In the first match of the Ashes, Starc ran into trouble bowling to left-handed batsmen. His release point close to the stumps allowed left-handers Alastair Cook and Gary Ballance to see which way the ball was going to swing, reducing Starc's impact with the new ball.[120] He was still able to take five wickets in England's first innings, and was Australia's most successful bowler during the match, but he took his wickets at the cost of many runs.[121][122] Starc also experienced an ankle injury on the first day of the match, so he required painkillers to bowl for the rest of the match.[123] The ankle injury put Starc in doubt to play the second match, but he pushed through the pain and helped Australia to a win with two wickets.[124][125][126] In the third Test match Starc's batting became more important, because Australia trailed by 145 runs after the first innings, then fell to 7/153 when Starc came in to bat in the second innings. He and wicket-keeper Peter Nevill put on a partnership of 64 runs to keep Australia in the game, and Starc scored 58 before he got out, but this wasn't enough to prevent England from winning the Test match within 3 days.[127][128] In the fourth Test, Starc took career-best bowling figures of 6/111 in England's first innings,[129] but this turned out to be England's only innings because they won the match by an innings and 78 runs to regain the Ashes.[130] Across the Ashes, Starc had had numerous bowling spells that England's batsmen were incapable of responding to, but he was never able to bowl to his best in crucial moments.[131] He managed to take 18 wickets, but conceded nearly 4 runs per over through the series.[132]

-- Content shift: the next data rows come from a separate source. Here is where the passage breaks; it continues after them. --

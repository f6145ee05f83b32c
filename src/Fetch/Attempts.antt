-- ===== src/Fetch/Attempts.antt =====
-- What a page of `_fetch_one` says of the calls behind it.
use bagelquant_data.Prelude.{
  ℕ, zero, suc, ◌+◌, ◌-◌, ◌≤◌, ◌≡◌, refl, Bool, true, false, inl, inr, ◌⊎◌, Option, none, some,
  List, arith, ◌==◌, if◌then◌else◌, is_some, Bool-cases,
}
use bagelquant_data.Fetch.Page.{
  KeyPart, Request, PageStatus, is_success, Problem, FetchPage, Outside,
}
use bagelquant_data.Fetch.One.{Verdict, judge, is_omitted, stopped, attempts_from, fetch_one}

pub Verdict-cases :
    {Frame : Type 0} (v : Verdict Frame)
    → ((f : Frame) × (v ≡ Verdict.accepted f)) ⊎ ((p : Problem) × (v ≡ Verdict.rejected p))
Verdict-cases (Verdict.accepted f) = inl (f, refl)
Verdict-cases (Verdict.rejected p) = inr (p, refl)

module _ {Frame W : Type 0} (env : Outside Frame W) (calls : W → ℕ) where
  -- `calls` counts the provider's calls, and nothing else changes it.
  pub record IsCounter : Type 0 where
    pub on_cancelled : (w : W) → calls (env.cancelled w).1 ≡ calls w
    pub on_admitted : (w : W) → calls (env.admitted w).1 ≡ calls w
    pub on_backed_off : (w : W) → calls (env.backed_off w).1 ≡ calls w
    pub on_fetch : (r : Request) (w : W) → calls (env.fetch r w).1 ≡ calls w + 1

  -- The height of a frame, if there is one.
  abbrev pub rows_in : Option Frame → ℕ
  rows_in none = 0
  rows_in (some f) = env.height f

  -- A page with at most `most` calls, of which `before` were made before `w`.
  pub record Accounted (before most : ℕ) (w : W) (r : FetchPage Frame × W) : Type 0 where
    pub counted : calls r.1 + before ≡ calls w + r.0.request_attempts
    pub bounded : r.0.request_attempts ≤ most
    pub retried : r.0.retry_count ≡ r.0.request_attempts - 1
    pub framed : is_some r.0.frame ≡ is_success r.0.status
    pub measured : r.0.row_count ≡ rows_in r.0.frame
    pub kept : r.0.discarded ≡ false

  module _ (count : IsCounter) (key : List KeyPart) (request : Request) (nonempty : Bool) where
    stopped-Accounted :
        (status : PageStatus) (before attempts most : ℕ) (problem : Problem) (w w' : W)
        → is_success status ≡ false
        → attempts ≤ most
        → calls w' + before ≡ calls w + attempts
        → Accounted before most w (stopped env key request nonempty status attempts problem, w')
    stopped-Accounted status before attempts most problem w w' failure le n = record {
      counted = n;
      bounded = le;
      retried = refl;
      framed = rw failure refl;
      measured = refl;
      kept = refl;
    }

    gave_up : (b : Bool) → is_success (if b then PageStatus.invalid else PageStatus.failed) ≡ false
    gave_up true = refl
    gave_up false = refl

    -- One call more was made before `w'`.
    Accounted-later :
        (before most : ℕ) (w w' : W) (r : FetchPage Frame × W)
        → calls w' ≡ calls w + 1
        → Accounted (before + 1) (before + 1 + most) w' r
        → Accounted before (before + suc most) w r
    Accounted-later before most w w' r n a = record {
      counted = omega (arith, n, a.counted);
      bounded = omega (arith, a.bounded);
      retried = a.retried;
      framed = a.framed;
      measured = a.measured;
      kept = a.kept;
    }

    attempts_from-Accounted :
        (left attempt : ℕ) (last : Option Problem) (w : W)
        → Accounted attempt
            (attempt + left)
            w
            (attempts_from env key request nonempty left attempt last w)
    unfolding attempts_from
    attempts_from-Accounted zero attempt last w =
        stopped-Accounted (if is_omitted last then PageStatus.invalid else PageStatus.failed)
          attempt attempt (attempt + 0) (elim last [ none ↦ Problem.unknown_error | some p ↦ p ]) w
          w (gave_up (is_omitted last)) (omega arith) (omega arith)
    attempts_from-Accounted (suc left) attempt last w =
        let asked = env.cancelled w in
        let admission = env.admitted asked.1 in
        let answer = env.fetch request admission.1 in
        let pause = env.backed_off answer.1 in
        let asks = count.on_cancelled w in
        let admits = count.on_admitted asked.1 in
        let fetches = count.on_fetch request admission.1 in
        let pauses = count.on_backed_off answer.1 in
        elim (Bool-cases asked.0) [
          | inl cancel ↦
              rw (cancel, attempts_from)
                (stopped-Accounted PageStatus.cancelled attempt attempt (attempt + suc left)
                  Problem.cancelled_before_retry w asked.1 refl (omega arith) (omega (arith, asks)))
          | inr go ↦ elim (Bool-cases admission.0) [
            | inr deny ↦
                rw (go, deny, attempts_from)
                  (stopped-Accounted PageStatus.cancelled attempt attempt (attempt + suc left)
                    Problem.cancelled_before_retry w admission.1 refl (omega arith)
                    (omega (arith, asks, admits)))
            | inl admit ↦ elim (Verdict-cases (judge env nonempty answer.0)) [
              | inl good ↦
                  rw (go, admit, good.1, attempts_from)
                    (record {
                      counted = omega (arith, asks, admits, fetches);
                      bounded = omega arith;
                      retried = omega arith;
                      framed = refl;
                      measured = refl;
                      kept = refl;
                    })
              | inr bad ↦ elim (Bool-cases (left == 0)) [
                | inl done ↦
                    rw (go, admit, bad.1, done, attempts_from)
                      (Accounted-later attempt left w answer.1
                        (attempts_from env key request nonempty left (attempt + 1) (some bad.0)
                          answer.1)
                        (omega (arith, asks, admits, fetches))
                        (attempts_from-Accounted left (attempt + 1) (some bad.0) answer.1))
                | inr more ↦ elim (Bool-cases pause.0) [
                  | inl wait ↦
                      rw (go, admit, bad.1, more, wait, attempts_from)
                        (Accounted-later attempt left w pause.1
                          (attempts_from env key request nonempty left (attempt + 1) (some bad.0)
                            pause.1)
                          (omega (arith, asks, admits, fetches, pauses))
                          (attempts_from-Accounted left (attempt + 1) (some bad.0) pause.1))
                  | inr quit ↦
                      rw (go, admit, bad.1, more, quit, attempts_from)
                        (stopped-Accounted PageStatus.cancelled attempt (attempt + 1)
                          (attempt + suc left) Problem.cancelled_during_backoff w pause.1 refl
                          (omega arith) (omega (arith, asks, admits, fetches, pauses)))
                ]
              ]
            ]
          ]
        ]

  -- The page that `_fetch_one` returns counts exactly the provider calls that were made for it, at most
  -- `max_retries`, whatever the provider, the rate limiter and the user's cancellation do, when `calls`
  -- counts the provider's calls. Its retry count is one less than its calls (0 without a call), it has a
  -- frame exactly when it is a success, and its row count is the height of the frame, or 0 without one.
  pub fetch_one-Accounted :
      IsCounter
      → (request : Request) (key : List KeyPart) (max_retries : ℕ) (nonempty : Bool) (w : W)
      → Accounted 0 max_retries w (fetch_one env request key max_retries nonempty w)
  unfolding fetch_one
  fetch_one-Accounted count request key max_retries nonempty w =
      let a = attempts_from-Accounted count key request nonempty max_retries 0 none w in
      record {
        counted = a.counted;
        bounded = omega (arith, a.bounded);
        retried = a.retried;
        framed = a.framed;
        measured = a.measured;
        kept = a.kept;
      }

Australia's time in England finished with an ODI series. Starc played, but his ankle injury from earlier in the tour became aggravated again. MRI scans showed that Starc once again had bone spurs in his ankles. He required cortisone injections to treat inflammation in his ankle joint and missed the 4th ODI,[133] but returned for the final match of the series despite many other players being rested because of the short turnover to their next tour in Bangladesh (though this tour was postponed a day before the Australian players were scheduled to fly to Bangladesh due to security concerns, and ultimately re-scheduled for 2017).[134] Starc took a wicket in the opening over of the match, reminiscent of the 2015 World Cup final, as Australia bowled out England for a mere 138 runs.[135] During the match, Starc bowled a ball which struck England captain Eoin Morgan on the side of his helmet and forced him to retire hurt due to concussion. This had an impact on Starc because he had been there in 2014 for the match where Phillip Hughes was struck by the ball and later died.[136] The concussion meant Morgan was unable to play any further matches in the 2015 season.[137]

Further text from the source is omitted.